RECORDS FOR PROCESSING:
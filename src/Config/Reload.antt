-- ===== src/Config/Reload.antt =====
-- crust/src/config.rs: who is told of a change of the settings, and who is not.
use crust_futures.Base.{
  ◌+◌, ◌≡◌, refl, Bool-cases, inl, inr, if◌then◌else◌, List, [], ◌∷◌, ◌++◌, true, Result, ok, err,
  keep, map, arith, Option, none, some, same, eq→same, same_set_refl,
}
use crust_futures.Addr.{IpAddr, IpAddr-discrete}
use crust_futures.Config.{
  ConfigSettings, Observer, ConfigWrapper, ConfigFile, same_ips, same_settings, contacts-discrete,
  port-discrete, text-discrete, flag-discrete, dev-discrete, notify, reload, monitor, write,
}

-- An observer that has had one more notice.
abbrev pub notified : Observer → Observer
notified o = record o { notices = o.notices + 1 }

notify_lem : (os : List Observer) → notify os ≡ map notified (keep (λ o. o.is_alive) os)
unfolding notify
notify_lem [] = refl
notify_lem (o ∷ os) = ground (arith, notify_lem os)

same_refl {ℓ} : {A : Type ℓ} (d : Discrete A) (x : A) → same d x x ≡ true
same_refl d x = eq→same d x x refl

same_ips_refl : (o : Option (List IpAddr)) → same_ips o o ≡ true
unfolding same_ips
same_ips_refl none = refl
same_ips_refl (some xs) = rw (same_set_refl IpAddr-discrete xs) refl

same_settings_refl : (c : ConfigSettings) → same_settings c c ≡ true
unfolding same_settings
same_settings_refl c = simp (
  same_refl contacts-discrete c.hard_coded_contacts,
  same_refl port-discrete c.tcp_acceptor_port,
  same_refl flag-discrete c.force_acceptor_port_in_ext_ep,
  same_refl port-discrete c.service_discovery_port,
  same_refl text-discrete c.bootstrap_cache_name,
  same_ips_refl c.whitelisted_node_ips,
  same_ips_refl c.whitelisted_client_ips,
  same_refl text-discrete c.network_name,
  same_refl dev-discrete c.dev,
)

-- After a reload of a readable file the settings equal those of the file. If they had differed,
-- each live observer has one more notice and the dead ones are forgotten; else the observers are
-- as they were. A second reload of the same file changes nothing, and notifies nobody.
pub reload_settles :
    (E : Type 0) (c : ConfigSettings) (w : ConfigWrapper)
    → let w' = (reload {E = E} (ok c) w).0 in
      (same_settings w'.cfg c ≡ true)
      × (w'.observers ≡ (
          if same_settings w.cfg c
          then w.observers
          else map notified (keep (λ o. o.is_alive) w.observers)))
      × ((reload {E = E} (ok c) w').0 ≡ w')
unfolding reload
reload_settles E c w = elim (Bool-cases (same_settings w.cfg c)) [
  | inl e ↦ rw (e, e) (refl, refl, refl)
  | inr e ↦ rw e (same_settings_refl c, notify_lem w.observers, rw (same_settings_refl c) refl)
]

module _ {E : Type 0} where
  -- Once a reload fails the watching thread is gone: later changes of the file are not seen.
  pub monitor_stops :
      (before after : List (Result E ConfigSettings)) (e : E) (w : ConfigWrapper)
      → monitor (before ++ err e ∷ after) w ≡ monitor before w
  unfolding monitor
  monitor_stops [] after e w = refl
  monitor_stops (err x ∷ before) after e w = refl
  monitor_stops (ok c ∷ before) after e w = monitor_stops before after e (reload {E = E} (ok c) w).0

  -- A change through a write guard that reaches the file notifies no observer, neither then nor
  -- when the watching thread reloads the file: the settings in memory already are the new ones.
  pub write_unnoticed :
      (change : ConfigSettings → ConfigSettings) (f : ConfigFile E) (x : Unit {0})
      → let g = (write (ok x) true change f).0 in
        (g.disc ≡ ok (change f.wrapper.cfg))
        × (g.wrapper.cfg ≡ change f.wrapper.cfg)
        × (monitor (g.disc ∷ []) g.wrapper ≡ g.wrapper)
        × (g.wrapper.observers ≡ f.wrapper.observers)
  unfolding write monitor reload
  write_unnoticed change f x =
      (refl, refl, rw (same_settings_refl (change f.wrapper.cfg)) refl, refl)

PROBLEM REQUIREMENTS: Using the listing above, copy exactly the line that contains "same_settings_refl c = simp", the line that contains "monitor_stops (ok c", and each line that falls between them.

SOLUTION TO THIS PROBLEM:
same_settings_refl c = simp (
  same_refl contacts-discrete c.hard_coded_contacts,
  same_refl port-discrete c.tcp_acceptor_port,
  same_refl flag-discrete c.force_acceptor_port_in_ext_ep,
  same_refl port-discrete c.service_discovery_port,
  same_refl text-discrete c.bootstrap_cache_name,
  same_ips_refl c.whitelisted_node_ips,
  same_ips_refl c.whitelisted_client_ips,
  same_refl text-discrete c.network_name,
  same_refl dev-discrete c.dev,
)

-- After a reload of a readable file the settings equal those of the file. If they had differed,
-- each live observer has one more notice and the dead ones are forgotten; else the observers are
-- as they were. A second reload of the same file changes nothing, and notifies nobody.
pub reload_settles :
    (E : Type 0) (c : ConfigSettings) (w : ConfigWrapper)
    → let w' = (reload {E = E} (ok c) w).0 in
      (same_settings w'.cfg c ≡ true)
      × (w'.observers ≡ (
          if same_settings w.cfg c
          then w.observers
          else map notified (keep (λ o. o.is_alive) w.observers)))
      × ((reload {E = E} (ok c) w').0 ≡ w')
unfolding reload
reload_settles E c w = elim (Bool-cases (same_settings w.cfg c)) [
  | inl e ↦ rw (e, e) (refl, refl, refl)
  | inr e ↦ rw e (same_settings_refl c, notify_lem w.observers, rw (same_settings_refl c) refl)
]

module _ {E : Type 0} where
  -- Once a reload fails the watching thread is gone: later changes of the file are not seen.
  pub monitor_stops :
      (before after : List (Result E ConfigSettings)) (e : E) (w : ConfigWrapper)
      → monitor (before ++ err e ∷ after) w ≡ monitor before w
  unfolding monitor
  monitor_stops [] after e w = refl
  monitor_stops (err x ∷ before) after e w = refl
  monitor_stops (ok c ∷ before) after e w = monitor_stops before after e (reload {E = E} (ok c) w).0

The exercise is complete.